Google PowerMeter flatlines

Well, they did it.  Google killed PowerMeter.

This is lame.  I mean – really, really lame.  After signing up hardware partners and gathering a good number of users,, “the philanthropical wing of Google” has killed PowerMeter, because, well, I guess because it wasn’t satisfying their philanthropical urges anymore?

Surely this doesn’t cost them more than a tiny fraction of their total pot of more-money-than-God.  Development already stopped months (years?) ago.  Why not just let it run for those who found it useful?  I actually really appreciated being able to see details of my power use.  It helped me make better decisions.

At least they have an exit plan to let users extract their data before they throw the big red switch.  If only there were somewhere else to send it.

Powermeter wasn’t great, but it was much better than nothing.  I hope something will come up to replace it.  Anyone know of a good alternative?

9 thoughts on “Google PowerMeter flatlines

  1. Hi there – I’d recommend which you seem to be already using.
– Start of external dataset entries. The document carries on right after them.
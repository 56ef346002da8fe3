-- ===== src/Wire/Decode.antt =====
-- DecodeMessage on any input: its loop ends, and when it panics.
use native.Mathlib.Nat.{le_refl}
use codeburn_watcher.Prelude.{
  ℕ, zero, suc, ◌+◌, ◌*◌, ◌/◌, ◌%◌, ◌^◌, ◌≤◌, ◌<◌, ◌≡◌, ◌≢◌, none, some, List, [], ◌∷◌, ◌++◌, arith,
  length, drop, Option-cases, inl, inr,
}
use codeburn_watcher.Wire.{
  Field, uvarint_loop, read_varint, done, panicked, stuck, Round, emit, skip, finish, crash,
  decode_bytes, decode_value, decode_round, decode_loop, decode_message, wire2, varint_field,
}

length-drop-le {ℓ} : {A : Type ℓ} (n : ℕ) (l : List A) → length (drop n l) ≤ length l
length-drop-le zero l = omega arith
length-drop-le (suc n) [] = omega arith
length-drop-le (suc n) (x ∷ l) = omega (arith, length-drop-le n l)

uvarint_loop-shorter :
    (i p x : ℕ) (buf : List ℕ) (v : ℕ) (rest : List ℕ)
    → uvarint_loop i p x buf ≡ some (v, rest)
    → length rest < length buf
unfolding uvarint_loop
uvarint_loop-shorter i p x [] v rest e = cc
uvarint_loop-shorter i p x (b ∷ bs) v rest e =
    ground (arith, uvarint_loop-shorter (i + 1) (128 * p) (x + b % 128 * p) bs v rest)

read_varint-shorter :
    (buf : List ℕ) (v : ℕ) (rest : List ℕ)
    → read_varint buf ≡ some (v, rest)
    → length rest < length buf
unfolding read_varint
read_varint-shorter buf v rest e = uvarint_loop-shorter 0 1 0 buf v rest e

-- The number of bytes that a round leaves.
abbrev left : Round → ℕ
left (emit f rest) = length rest
left (skip rest) = length rest
left finish = 0
left crash = 0

left-decode_bytes : (n l : ℕ) (rest : List ℕ) → left (decode_bytes n l rest) ≤ length rest
unfolding decode_bytes
left-decode_bytes n l rest = ground (arith, length-drop-le l rest)

-- The two cases of the switch that read a number first.
left-varint :
    (rest : List ℕ) (f : ℕ → List ℕ → Round)
    → ((v : ℕ) (rest' : List ℕ) → left (f v rest') ≤ length rest')
    → left (elim (read_varint rest) [ none ↦ finish | some (v, rest') ↦ f v rest' ]) ≤ length rest
left-varint rest f h = elim (Option-cases (read_varint rest)) [
  | inl e ↦ rw e (omega arith)
  | inr ((v, rest'), e) ↦ rw e (omega (arith, h v rest', read_varint-shorter rest v rest' e))
]

left-decode_value : (n w : ℕ) (rest : List ℕ) → left (decode_value n w rest) ≤ length rest
unfolding decode_value
left-decode_value n w rest = ground (
  arith,
  length-drop-le 8 rest,
  length-drop-le 4 rest,
  left-varint rest (λ v r. emit (varint_field n v) r) (λ v r. le_refl _),
  left-varint rest (λ l r. decode_bytes n l r) (left-decode_bytes n),
)

left-decode_round : (b : ℕ) (bs : List ℕ) → left (decode_round (b ∷ bs)) ≤ length bs
unfolding decode_round
left-decode_round b bs = elim (Option-cases (read_varint (b ∷ bs))) [
  | inl e ↦ rw (e, left, decode_round) (omega arith)
  | inr ((tag, rest), e) ↦
      rw (e, left, decode_round)
        (omega (
          arith,
          left-decode_value (tag / 8 % 2 ^ 32) (tag % 8) rest,
          read_varint-shorter (b ∷ bs) tag rest e,
        ))
]

decode_loop-ne-stuck :
    (fuel : ℕ) (fields : List Field) (buf : List ℕ)
    → length buf ≤ fuel
    → decode_loop fuel fields buf ≢ stuck
unfolding decode_loop
decode_loop-ne-stuck fuel fields [] h = λ e. cc
decode_loop-ne-stuck zero fields (b ∷ bs) h = absurd (omega arith)
decode_loop-ne-stuck (suc fuel) fields (b ∷ bs) h =
    go (decode_round (b ∷ bs)) (left-decode_round b bs)
      (λ fs rest small. decode_loop-ne-stuck fuel fs rest (omega arith))
  where
    go :
        (r : Round)
        → left r ≤ length bs
        → ((fs : List Field) (rest : List ℕ)
            → length rest ≤ length bs
            → decode_loop fuel fs rest ≢ stuck)
        → (elim r [
          | emit f rest ↦ decode_loop fuel (fields ++ (f ∷ [])) rest
          | skip rest ↦ decode_loop fuel fields rest
          | finish ↦ done fields
          | crash ↦ panicked
        ])
          ≢ stuck
    go (emit f rest) small next = next (fields ++ (f ∷ [])) rest small
    go (skip rest) small next = next fields rest small
    go finish small next = λ e. cc
    go crash small next = λ e. cc

-- DecodeMessage ends on every input.
pub decode_message-ne-stuck : (buf : List ℕ) → decode_message buf ≢ stuck
unfolding decode_message
decode_message-ne-stuck buf = decode_loop-ne-stuck (length buf) [] buf (le_refl _)

decode_round-crash :
    (buf : List ℕ) (tag l : ℕ) (rest rest' : List ℕ)
    → read_varint buf ≡ some (tag, rest)
    → tag % 8 ≡ wire2
    → read_varint rest ≡ some (l, rest')
    → 2 ^ 63 ≤ l
    → decode_round buf ≡ crash
unfolding decode_round decode_value decode_bytes
decode_round-crash buf tag l rest rest' e w e' h =
    rw (e, decode_round) (rw (w, decode_value) (rw (e', decode_value) (ground arith)))

-- A message panics if it begins with a tag of the length-delimited wire type and with a length from
-- 2 ^ 63 on, whatever follows.
pub decode_message-panics :
    (buf : List ℕ) (tag l : ℕ) (rest rest' : List ℕ)
    → read_varint buf ≡ some (tag, rest)
    → tag % 8 ≡ wire2
    → read_varint rest ≡ some (l, rest')
    → 2 ^ 63 ≤ l
    → decode_message buf ≡ panicked
unfolding decode_message decode_loop
decode_message-panics [] tag l rest rest' e w e' h = unfold read_varint in cc
decode_message-panics (b ∷ bs) tag l rest rest' e w e' h =
    rw (decode_round-crash (b ∷ bs) tag l rest rest' e w e' h, decode_loop)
They also allow consumption feeds, it should be easy to switch from the GPM API to the pvoutput API.

  2. Is the mechanism which hardware talked to Google a public API? If so it will just need someone wanting to scratch that itch. I’m surprised monitoring isn’t already a part of the various home automation systems – although they all seem to be roll-your-own at the moment.
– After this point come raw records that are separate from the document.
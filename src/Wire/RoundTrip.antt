-- ===== src/Wire/RoundTrip.antt =====
-- The wire format as protobuf documents it, written as an encoder, and what DecodeMessage makes of it.
use mathlib.Core.Path.{ap₂}
use mathlib.Core.List.{append_assoc, append-nil}
use native.Mathlib.Nat.{div-add-mod, le_refl}
use codeburn_watcher.Prelude.{
  ℕ, zero, suc, ◌+◌, ◌*◌, ◌/◌, ◌%◌, ◌^◌, ◌≤◌, ◌<◌, ◌≡◌, refl, ap, ◌∙◌, some, List, [], ◌∷◌, ◌++◌,
  arith, length, length-append, take, drop, map, All, if◌then◌else◌, ltb, Bool-cases, inl, inr,
}
use codeburn_watcher.Wire.{
  Field, uvarint_loop, read_varint, done, emit, decode_bytes, decode_value, decode_round,
  decode_loop, decode_message, little_endian, varint_field, fixed64_field, bytes_field,
}

-- A number in groups of seven bits, the lowest first; at most `k` more groups follow.
pub encode_groups : ℕ → ℕ → List ℕ
encode_groups zero v = v ∷ []
encode_groups (suc k) v =
    let rest = encode_groups k (v / 128) in if ltb v 128 then v ∷ [] else (v % 128 + 128) ∷ rest

-- A 64-bit number takes ten groups at most.
abbrev pub encode_varint : ℕ → List ℕ
encode_varint = encode_groups 9

abbrev low_bytes : ℕ → ℕ → List ℕ
low_bytes zero v = []
low_bytes (suc n) v = v % 256 ∷ low_bytes n (v / 256)

pub data Value : Type 0 where
  varint : ℕ → Value
  fixed64 : ℕ → Value
  bytes : List ℕ → Value

abbrev pub encode_field : ℕ × Value → List ℕ
encode_field (n, varint v) = encode_varint (n * 8 + 0) ++ encode_varint v
encode_field (n, fixed64 v) = encode_varint (n * 8 + 1) ++ low_bytes 8 v
encode_field (n, bytes l) = encode_varint (n * 8 + 2) ++ (encode_varint (length l) ++ l)

abbrev pub encode_message : List (ℕ × Value) → List ℕ
encode_message [] = []
encode_message (f ∷ fs) = encode_field f ++ encode_message fs

abbrev pub field_of : ℕ × Value → Field
field_of (n, varint v) = varint_field n v
field_of (n, fixed64 v) = fixed64_field n v
field_of (n, bytes l) = bytes_field n l

abbrev IsInRange : Value → Type 0
IsInRange (varint v) = v < 2 ^ 64
IsInRange (fixed64 v) = v < 2 ^ 64
IsInRange (bytes l) = length l < 2 ^ 63

-- A field number of 29 bits and a value that a 64-bit machine holds.
abbrev pub IsEncodable : ℕ × Value → Type 0
IsEncodable (n, v) = (n < 2 ^ 29) × IsInRange v

split_group : (v p : ℕ) → v * p ≡ v % 128 * p + v / 128 * (128 * p)
split_group v p = omega (arith, ap (λ (t : ℕ). t * p) (div-add-mod v 128))

loop-encode_groups :
    (k i p x v : ℕ) (rest : List ℕ)
    → i + k ≡ 9
    → v < 2 * 128 ^ k
    → uvarint_loop i p x (encode_groups k v ++ rest) ≡ some (x + v * p, rest)
unfolding uvarint_loop encode_groups
loop-encode_groups zero i p x v rest hi hv = ground arith
loop-encode_groups (suc k) i p x v rest hi hv = elim (Bool-cases (ltb v 128)) [
  | inl small ↦ rw small (ground arith)
  | inr large ↦
      let next =
        loop-encode_groups k (i + 1) (128 * p) (x + v % 128 * p) (v / 128) rest (omega arith)
          (omega arith) in
      let low : (v % 128 + 128) % 128 ≡ v % 128 = omega arith in
      rw large (rw low (ground (arith, next, split_group v p)))
]

read_varint-encode :
    (v : ℕ) (rest : List ℕ) → v < 2 ^ 64 → read_varint (encode_varint v ++ rest) ≡ some (v, rest)
unfolding read_varint
read_varint-encode v rest h =
    loop-encode_groups 9 0 1 0 v rest refl (omega arith)
    ∙ ap (λ (n : ℕ). some (n, rest)) (omega arith)

length-low_bytes : (n v : ℕ) → length (low_bytes n v) ≡ n
length-low_bytes zero v = refl
length-low_bytes (suc n) v = omega (arith, length-low_bytes n (v / 256))

take-append {ℓ} : {A : Type ℓ} (l r : List A) → take (length l) (l ++ r) ≡ l
take-append [] r = refl
take-append (x ∷ l) r = ap (◌∷◌ x) (take-append l r)

drop-append {ℓ} : {A : Type ℓ} (l r : List A) → drop (length l) (l ++ r) ≡ r
drop-append [] r = refl
drop-append (x ∷ l) r = drop-append l r

low_bytes_lem : (v : ℕ) → v < 2 ^ 64 → little_endian (low_bytes 8 v) ≡ v
low_bytes_lem v h = omega arith

decode_bytes_lem :
    (n : ℕ) (l rest : List ℕ)
    → length l < 2 ^ 63
    → decode_bytes n (length l) (l ++ rest) ≡ emit (bytes_field n l) rest
unfolding decode_bytes
decode_bytes_lem n l rest h = rw (take-append, drop-append) (ground (arith, length-append l rest))

decode_tag :
    (n w : ℕ) (rest : List ℕ)
    → n < 2 ^ 29
    → w < 8
    → decode_round (encode_varint (n * 8 + w) ++ rest) ≡ decode_value n w rest
unfolding decode_round
decode_tag n w rest hn hw =
    let number : (n * 8 + w) / 8 % 2 ^ 32 ≡ n = omega arith in
    let wire_type : (n * 8 + w) % 8 ≡ w = omega arith in
    rw (read_varint-encode (n * 8 + w) rest (omega arith), decode_round)
      (ap₂ (λ (a b : ℕ). decode_value a b rest) number wire_type)

-- A field in front of the rest of a message.
decode_round-encode :
    (n : ℕ) (v : Value) (rest : List ℕ)
    → IsEncodable (n, v)
    → decode_round (encode_field (n, v) ++ rest) ≡ emit (field_of (n, v)) rest
unfolding decode_value
decode_round-encode n (varint v) rest (hn, hv) = rw (append_assoc (encode_varint (n * 8 + 0))) (
    decode_tag n 0 (encode_varint v ++ rest) hn (omega arith)
    ∙ rw (read_varint-encode v rest hv, decode_value))
decode_round-encode n (fixed64 v) rest (hn, hv) =
    let l = low_bytes 8 v in
    rw (append_assoc (encode_varint (n * 8 + 1))) (
      decode_tag n 1 (l ++ rest) hn (omega arith)
      ∙ ground (
        arith,
        take-append l rest,
        drop-append l rest,
        length-low_bytes 8 v,
        length-append l rest,
        low_bytes_lem v hv,
      ))
decode_round-encode n (bytes l) rest (hn, hl) =
    rw (append_assoc (encode_varint (n * 8 + 2)), append_assoc (encode_varint (length l)))
      (decode_tag n 2 (encode_varint (length l) ++ (l ++ rest)) hn (omega arith)
        ∙ rw (read_varint-encode (length l) (l ++ rest) (omega arith), decode_value)
            (decode_bytes_lem n l rest hl))

length-encode_groups : (k v : ℕ) → 0 < length (encode_groups k v)
unfolding encode_groups
length-encode_groups zero v = omega arith
length-encode_groups (suc k) v = ground arith

length-encode_field : (f : ℕ × Value) → 0 < length (encode_field f)
length-encode_field (n, varint v) =
    rw length-append (omega (arith, length-encode_groups 9 (n * 8 + 0)))
length-encode_field (n, fixed64 v) =
    rw length-append (omega (arith, length-encode_groups 9 (n * 8 + 1)))
length-encode_field (n, bytes l) =
    rw length-append (omega (arith, length-encode_groups 9 (n * 8 + 2)))

-- One round of the loop that emits a field.
loop_step :
    (fuel : ℕ) (fields : List Field) (buf : List ℕ) (f : Field) (rest : List ℕ)
    → 0 < length buf
    → decode_round buf ≡ emit f rest
    → decode_loop (suc fuel) fields buf ≡ decode_loop fuel (fields ++ (f ∷ [])) rest
unfolding decode_loop
loop_step fuel fields [] f rest h e = absurd (omega arith)
loop_step fuel fields (b ∷ bs) f rest h e = rw (e, decode_loop)

loop-encode_message :
    (fuel : ℕ) (fields : List Field) (fs : List (ℕ × Value))
    → All IsEncodable fs
    → length (encode_message fs) ≤ fuel
    → decode_loop fuel fields (encode_message fs) ≡ done (fields ++ map field_of fs)
loop-encode_message fuel fields [] h enough = unfold decode_loop in rw append-nil
loop-encode_message zero fields ((n, v) ∷ fs) h enough = absurd (
    omega
      (arith, length-encode_field (n, v), length-append (encode_field (n, v)) (encode_message fs)))
loop-encode_message (suc fuel) fields ((n, v) ∷ fs) h enough =
    let f = encode_field (n, v) in
    let size = length-append f (encode_message fs) in
    let some_bytes = length-encode_field (n, v) in
    loop_step fuel fields (f ++ encode_message fs) (field_of (n, v)) (encode_message fs)
      (omega arith) (decode_round-encode n v (encode_message fs) h.0)
    ∙ loop-encode_message fuel (fields ++ (field_of (n, v) ∷ [])) fs h.1 (omega arith)
    ∙ ap done (append_assoc fields (field_of (n, v) ∷ []) (map field_of fs))

-- DecodeMessage reads back, in their order, the fields of a message in protobuf's wire format whose
-- numbers have 29 bits at most and whose values are 64-bit varints, 64-bit fixed numbers and byte strings
-- of fewer than 2 ^ 63 bytes.
pub decode_message-encode :
    (fs : List (ℕ × Value))
    → All IsEncodable fs
    → decode_message (encode_message fs) ≡ done (map field_of fs)
unfolding decode_message
decode_message-encode fs h = loop-encode_message (length (encode_message fs)) [] fs h (le_refl _)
    • It is a public/documented API for the hardware, yes; I have my own homegrown hardware talking to it. So someone certainly could roll something which spoke the same API, and “inherit” that user base I think.

    • Heh, Jeff – When you’re a hammer, everything looks like a nail? ;)

      There are probably a lot of things that could be done one-off and locally, but I’m starting to wonder what it would take to do something scalable in the public space and give people a reliable platform for visualizing this kind of data…

      Maybe an open-source platform to do it, with a cloud-hosted instance in production, so that people without the linux admin chops could still benefit…?

  3. I completely understand. I would probably try to use PCP as the data store. It has some nice utilities around it and it knows how to deal with the data (efficient store, rate conversion, counter wrap around, etc.). Making some sort of web front-end around it shouldn’t be too hard.

  4. When is Google officially going to turn off PowerMeter — I, ironically, “googled” around and saw an unreliable source that Sept. 2011.